== WHAT THE TASK REQUIRES ==
Each line of the material holding the word "CandidateEntry" must be identified and copied.

== RECORDS SHOWN ==
○ ○ ○ ○ ○ ○ ○
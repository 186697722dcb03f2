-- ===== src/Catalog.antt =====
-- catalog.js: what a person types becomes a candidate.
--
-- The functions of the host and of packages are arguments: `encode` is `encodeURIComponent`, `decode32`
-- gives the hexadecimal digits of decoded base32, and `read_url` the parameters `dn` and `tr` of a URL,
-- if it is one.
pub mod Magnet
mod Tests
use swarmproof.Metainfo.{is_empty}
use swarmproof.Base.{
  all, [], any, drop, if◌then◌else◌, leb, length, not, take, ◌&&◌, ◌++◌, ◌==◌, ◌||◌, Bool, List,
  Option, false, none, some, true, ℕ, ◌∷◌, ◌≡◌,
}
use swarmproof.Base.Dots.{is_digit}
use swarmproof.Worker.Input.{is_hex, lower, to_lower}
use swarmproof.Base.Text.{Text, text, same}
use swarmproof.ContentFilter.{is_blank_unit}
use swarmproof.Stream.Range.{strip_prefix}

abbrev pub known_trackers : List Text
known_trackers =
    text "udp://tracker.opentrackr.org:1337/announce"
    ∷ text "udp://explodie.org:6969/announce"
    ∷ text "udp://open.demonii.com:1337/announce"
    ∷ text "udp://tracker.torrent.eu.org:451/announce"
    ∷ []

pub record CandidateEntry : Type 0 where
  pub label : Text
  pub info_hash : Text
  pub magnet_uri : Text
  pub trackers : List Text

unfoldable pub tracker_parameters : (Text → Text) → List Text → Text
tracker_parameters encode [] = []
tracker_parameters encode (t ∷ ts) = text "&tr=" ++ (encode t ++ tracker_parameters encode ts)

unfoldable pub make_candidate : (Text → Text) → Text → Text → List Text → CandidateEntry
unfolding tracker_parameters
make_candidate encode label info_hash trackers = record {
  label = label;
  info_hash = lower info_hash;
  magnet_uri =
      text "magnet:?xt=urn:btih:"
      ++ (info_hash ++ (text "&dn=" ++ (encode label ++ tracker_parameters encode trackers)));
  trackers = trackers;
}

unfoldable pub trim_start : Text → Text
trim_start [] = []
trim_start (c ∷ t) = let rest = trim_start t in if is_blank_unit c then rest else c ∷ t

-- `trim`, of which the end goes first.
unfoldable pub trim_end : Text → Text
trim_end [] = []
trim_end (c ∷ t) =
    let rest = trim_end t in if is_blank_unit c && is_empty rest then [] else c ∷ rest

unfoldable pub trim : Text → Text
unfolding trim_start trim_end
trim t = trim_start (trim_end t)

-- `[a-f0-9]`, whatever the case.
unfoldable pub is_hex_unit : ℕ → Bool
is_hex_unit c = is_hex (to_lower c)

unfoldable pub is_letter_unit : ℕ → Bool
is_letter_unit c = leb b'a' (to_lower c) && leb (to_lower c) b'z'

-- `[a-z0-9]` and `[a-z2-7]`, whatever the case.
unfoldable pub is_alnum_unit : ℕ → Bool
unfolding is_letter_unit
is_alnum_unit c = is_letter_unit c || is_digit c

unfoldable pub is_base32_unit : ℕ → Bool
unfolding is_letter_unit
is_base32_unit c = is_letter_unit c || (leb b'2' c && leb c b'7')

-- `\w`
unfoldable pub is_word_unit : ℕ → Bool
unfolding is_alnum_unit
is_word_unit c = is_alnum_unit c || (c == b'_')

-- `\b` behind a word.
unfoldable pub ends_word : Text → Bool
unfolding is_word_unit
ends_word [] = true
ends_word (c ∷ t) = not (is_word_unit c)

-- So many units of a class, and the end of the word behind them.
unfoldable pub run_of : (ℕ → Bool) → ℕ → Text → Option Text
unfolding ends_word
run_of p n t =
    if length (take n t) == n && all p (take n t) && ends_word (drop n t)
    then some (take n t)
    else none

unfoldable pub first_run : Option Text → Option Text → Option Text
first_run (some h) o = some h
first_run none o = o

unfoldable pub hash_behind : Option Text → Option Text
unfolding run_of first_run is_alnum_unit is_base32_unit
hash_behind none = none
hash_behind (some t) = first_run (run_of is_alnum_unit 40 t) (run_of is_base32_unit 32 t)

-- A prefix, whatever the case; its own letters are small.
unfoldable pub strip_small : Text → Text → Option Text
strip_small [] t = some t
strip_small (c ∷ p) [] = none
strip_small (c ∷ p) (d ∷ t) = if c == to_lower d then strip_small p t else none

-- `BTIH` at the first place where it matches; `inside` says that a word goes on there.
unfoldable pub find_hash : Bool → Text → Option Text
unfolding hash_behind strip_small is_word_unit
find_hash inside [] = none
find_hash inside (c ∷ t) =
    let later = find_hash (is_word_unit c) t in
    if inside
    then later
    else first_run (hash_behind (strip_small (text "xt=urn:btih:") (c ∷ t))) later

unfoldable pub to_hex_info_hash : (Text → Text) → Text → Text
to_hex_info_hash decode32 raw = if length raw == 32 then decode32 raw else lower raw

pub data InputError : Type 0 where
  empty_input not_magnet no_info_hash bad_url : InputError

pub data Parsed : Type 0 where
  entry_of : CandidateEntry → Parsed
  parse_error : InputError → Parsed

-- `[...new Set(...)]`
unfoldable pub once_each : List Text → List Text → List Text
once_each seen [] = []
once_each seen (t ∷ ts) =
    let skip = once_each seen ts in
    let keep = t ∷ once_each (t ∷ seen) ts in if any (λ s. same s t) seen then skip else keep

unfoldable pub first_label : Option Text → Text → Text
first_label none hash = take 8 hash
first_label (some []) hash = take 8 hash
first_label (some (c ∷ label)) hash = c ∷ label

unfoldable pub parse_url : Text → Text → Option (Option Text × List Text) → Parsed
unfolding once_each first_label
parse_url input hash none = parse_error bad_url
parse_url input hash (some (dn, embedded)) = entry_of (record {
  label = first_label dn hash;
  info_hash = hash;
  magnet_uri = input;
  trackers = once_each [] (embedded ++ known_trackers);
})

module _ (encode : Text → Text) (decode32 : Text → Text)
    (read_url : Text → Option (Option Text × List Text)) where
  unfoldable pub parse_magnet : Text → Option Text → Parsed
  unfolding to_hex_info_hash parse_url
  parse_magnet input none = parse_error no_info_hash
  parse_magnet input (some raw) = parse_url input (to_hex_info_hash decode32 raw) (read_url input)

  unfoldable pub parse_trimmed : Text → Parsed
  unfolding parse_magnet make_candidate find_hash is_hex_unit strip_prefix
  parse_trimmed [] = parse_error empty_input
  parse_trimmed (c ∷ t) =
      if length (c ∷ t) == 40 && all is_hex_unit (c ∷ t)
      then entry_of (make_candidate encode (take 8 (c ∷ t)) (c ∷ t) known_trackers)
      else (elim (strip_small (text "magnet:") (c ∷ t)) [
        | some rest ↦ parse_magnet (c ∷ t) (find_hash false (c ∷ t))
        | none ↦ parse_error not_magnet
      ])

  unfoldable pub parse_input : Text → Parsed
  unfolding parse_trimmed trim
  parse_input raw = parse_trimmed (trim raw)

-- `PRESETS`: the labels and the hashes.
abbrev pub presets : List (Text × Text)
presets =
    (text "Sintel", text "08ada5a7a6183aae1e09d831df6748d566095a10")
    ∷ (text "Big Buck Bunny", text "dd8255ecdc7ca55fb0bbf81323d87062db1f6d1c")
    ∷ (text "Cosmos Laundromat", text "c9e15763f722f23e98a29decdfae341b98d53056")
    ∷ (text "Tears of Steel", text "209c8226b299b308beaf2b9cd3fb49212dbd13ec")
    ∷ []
○ ○ ○ ○ ○ ○ ○
== SOLUTION TO THE PROBLEM ==
pub record CandidateEntry : Type 0 where
unfoldable pub make_candidate : (Text → Text) → Text → Text → List Text → CandidateEntry
  entry_of : CandidateEntry → Parsed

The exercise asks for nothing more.